Histograms: Interpreting "Shape"

Which of the scenarios describes a right skew: adult teeth or women’s ages at childbirth? Explain.

The scenario about women’s ages describes a right skew. Most of the data is clustered around 26, but there is also data further on the right, all the way up to 45. There is no data around, say, age 7.

Which of the scenarios describes a left skew: adult teeth or women’s ages at childbirth? Explain.

The scenario about teeth describes a left skew. Most of the data is clustered around 32 with a few outliers further to the left.

Did all of the scenarios your classmates developed correctly represent the given shape?

Did you notice any especially creative scenarios? Any surprising scenarios?

Were there any scenarios that were represented more than once? Why do you think those scenarios were popular?

What strategies did your group use in brainstorming scenarios to match histogram shape?

For which distributions was it easiest to come up with an example?

For which distributions was it hardest to come up with an example?

What is the median number of children per home?

The median number of children per home is 1.

Strategy 1: List out the raw data (0, 0, 0, 0, 0, 0, 1, 1, 1, 1, 1, 1, 1, 1, 2, 2, 2, 2, 3, 3, 3, 4, 4, 5, 7, 8) then locate the middle value.

Strategy 2: Determine the total number of homes represented by adding columns' heights (6 + 8 + 4 + 3 + 2 + 1 + 1 + 1 = 26), then locate the 13th and 14th values on the histogram.

Students may mistakenly attempt to find the midpoint of the values on the horizontal axis (4.5), indicating that they connect median with “middle”, but misunderstand what middle value to find.

What is the mean number of children per home?

Approximately 2.04. Note that students may attempt to use the “add up and divide” algorithm with inappropriate data values from the display. Students may mistakenly compute the mean height of the bars, or the mean of values on the horizontal axis.

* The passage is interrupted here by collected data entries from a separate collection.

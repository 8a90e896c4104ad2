-- ===== src/Wire/Frame.antt =====
-- Frames of the secure protocol: `write_frame`, `read_frame` and `read_frame_optional` of
-- src/clipboard/secure_transfer.rs. A connection is the bytes that it will still deliver before
-- it closes; what is written is appended to the bytes sent so far.
pub mod RoundTrip
pub mod Reject
use clip_ferry.Common.{
  ℕ, ◌-◌, ◌*◌, ◌^◌, ◌<◌, Option, none, some, List, [], ◌∷◌, ◌++◌, length, take, drop, leb, ltb,
  ◌==◌, bytes_eq, All,
}
use clip_ferry.Common.Bytes.{IsByte, to_be_bytes, from_be_bytes, field_at}
use clip_ferry.Common.Result.{IoResult, ok, guard, ok_or, ◌>>=◌, ◌>>◌, invalid_data, unexpected_eof}
use clip_ferry.Wire.Code.{WireResult, invalid}

-- b"CFS4"
abbrev pub magic : List ℕ
magic = b'C' ∷ b'F' ∷ b'S' ∷ b'4' ∷ []

abbrev pub protocol_version : ℕ
protocol_version = 2

abbrev pub frame_header_len : ℕ
frame_header_len = 20

abbrev pub max_frame_payload : ℕ
max_frame_payload = 1024 * 1024

unfoldable pub array_at_io : ℕ → List ℕ → ℕ → IoResult (List ℕ)
array_at_io n bytes start = ok_or (field_at n bytes start) invalid_data

unfoldable pub array_at : ℕ → List ℕ → ℕ → WireResult (List ℕ)
array_at n bytes start = ok_or (field_at n bytes start) invalid

pub record Frame : Type 0 where
  pub opcode : ℕ
  pub request_id : ℕ
  pub payload : List ℕ

-- The ranges of the fields' types.
pub record IsFrame (f : Frame) : Type 0 where
  pub opcode_u16 : f.opcode < 256 ^ 2
  pub request_id_u64 : f.request_id < 256 ^ 8
  pub payload_u8 : All IsByte f.payload

-- The header array, field by field.
unfoldable pub frame_header : Frame → ℕ → List ℕ
frame_header f payload_length =
    magic
    ++ (to_be_bytes 2 protocol_version
        ++ (to_be_bytes 2 f.opcode
            ++ (to_be_bytes 8 f.request_id ++ (to_be_bytes 4 payload_length ++ []))))

unfoldable pub write_frame : List ℕ → Frame → IoResult (List ℕ)
unfolding frame_header
write_frame sent f = do
  guard (leb (length f.payload) max_frame_payload) invalid_data
  guard (ltb (length f.payload) (256 ^ 4)) invalid_data
  ok ((sent ++ frame_header f (length f.payload)) ++ f.payload)

-- `read_exact` fills a buffer of `n` bytes or fails.
unfoldable pub read_exact : ℕ → List ℕ → IoResult (List ℕ × List ℕ)
read_exact n stream = do
  guard (leb n (length stream)) unexpected_eof
  ok (take n stream, drop n stream)

-- What is checked of a full header: magic, version, then the fields and the payload's length.
unfoldable pub read_header : List ℕ → IoResult (ℕ × ℕ × ℕ)
unfolding array_at_io
read_header header = do
  guard (bytes_eq (take 4 header) magic) invalid_data
  version ← array_at_io 2 header 4
  guard (from_be_bytes version == protocol_version) invalid_data
  opcode ← array_at_io 2 header 6
  request_id ← array_at_io 8 header 8
  payload_length ← array_at_io 4 header 16
  guard (leb (from_be_bytes payload_length) max_frame_payload) invalid_data
  ok (from_be_bytes opcode, from_be_bytes request_id, from_be_bytes payload_length)

-- The frame with the bytes that follow it; `none` where the connection closed between frames.
unfoldable pub read_frame_optional : List ℕ → IoResult (Option Frame × List ℕ)
read_frame_optional [] = ok (none, [])
read_frame_optional (first ∷ stream) = do
  (tail, stream') ← read_exact (frame_header_len - 1) stream
  (opcode, request_id, payload_length) ← read_header (first ∷ tail)
  (payload, rest) ← read_exact payload_length stream'
  ok (some (record { opcode = opcode; request_id = request_id; payload = payload }), rest)

unfoldable pub read_frame : List ℕ → IoResult (Frame × List ℕ)
read_frame stream = do
  (frame, rest) ← read_frame_optional stream
  frame' ← ok_or frame unexpected_eof
  ok (frame', rest)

Are there any months when Emma ran exactly 3 miles?

Trick question! It’s impossible to tell from the display. Remind students that we cannot see individual points on a histogram, therefore will need to make approximations (and think about the effect of outliers!) when thinking about measures of center.

What is the mode number of miles Emma ran per month?

We can’t determine exactly what the mode(s) might be, or even if there is a mode in this dataset. We can see that during most months of 2023, Emma ran between 15-20 miles.

Approximate the median number of miles Emma ran per month in 2023.

The 6th and 7th values fall in the 15-20 miles bin, so the median is a value between 15 and 20 miles.

Which is probably greater: the median or the mean?

Because there are outliers to the left, the mean is probably less than the median.

How was interpreting mean, median, and mode from a histogram different than computing it from a raw dataset?

Responses will vary. Students should explain that they needed to understand the meaning of the bar height and the values on the x-axis in order to arrive at correct measures of center.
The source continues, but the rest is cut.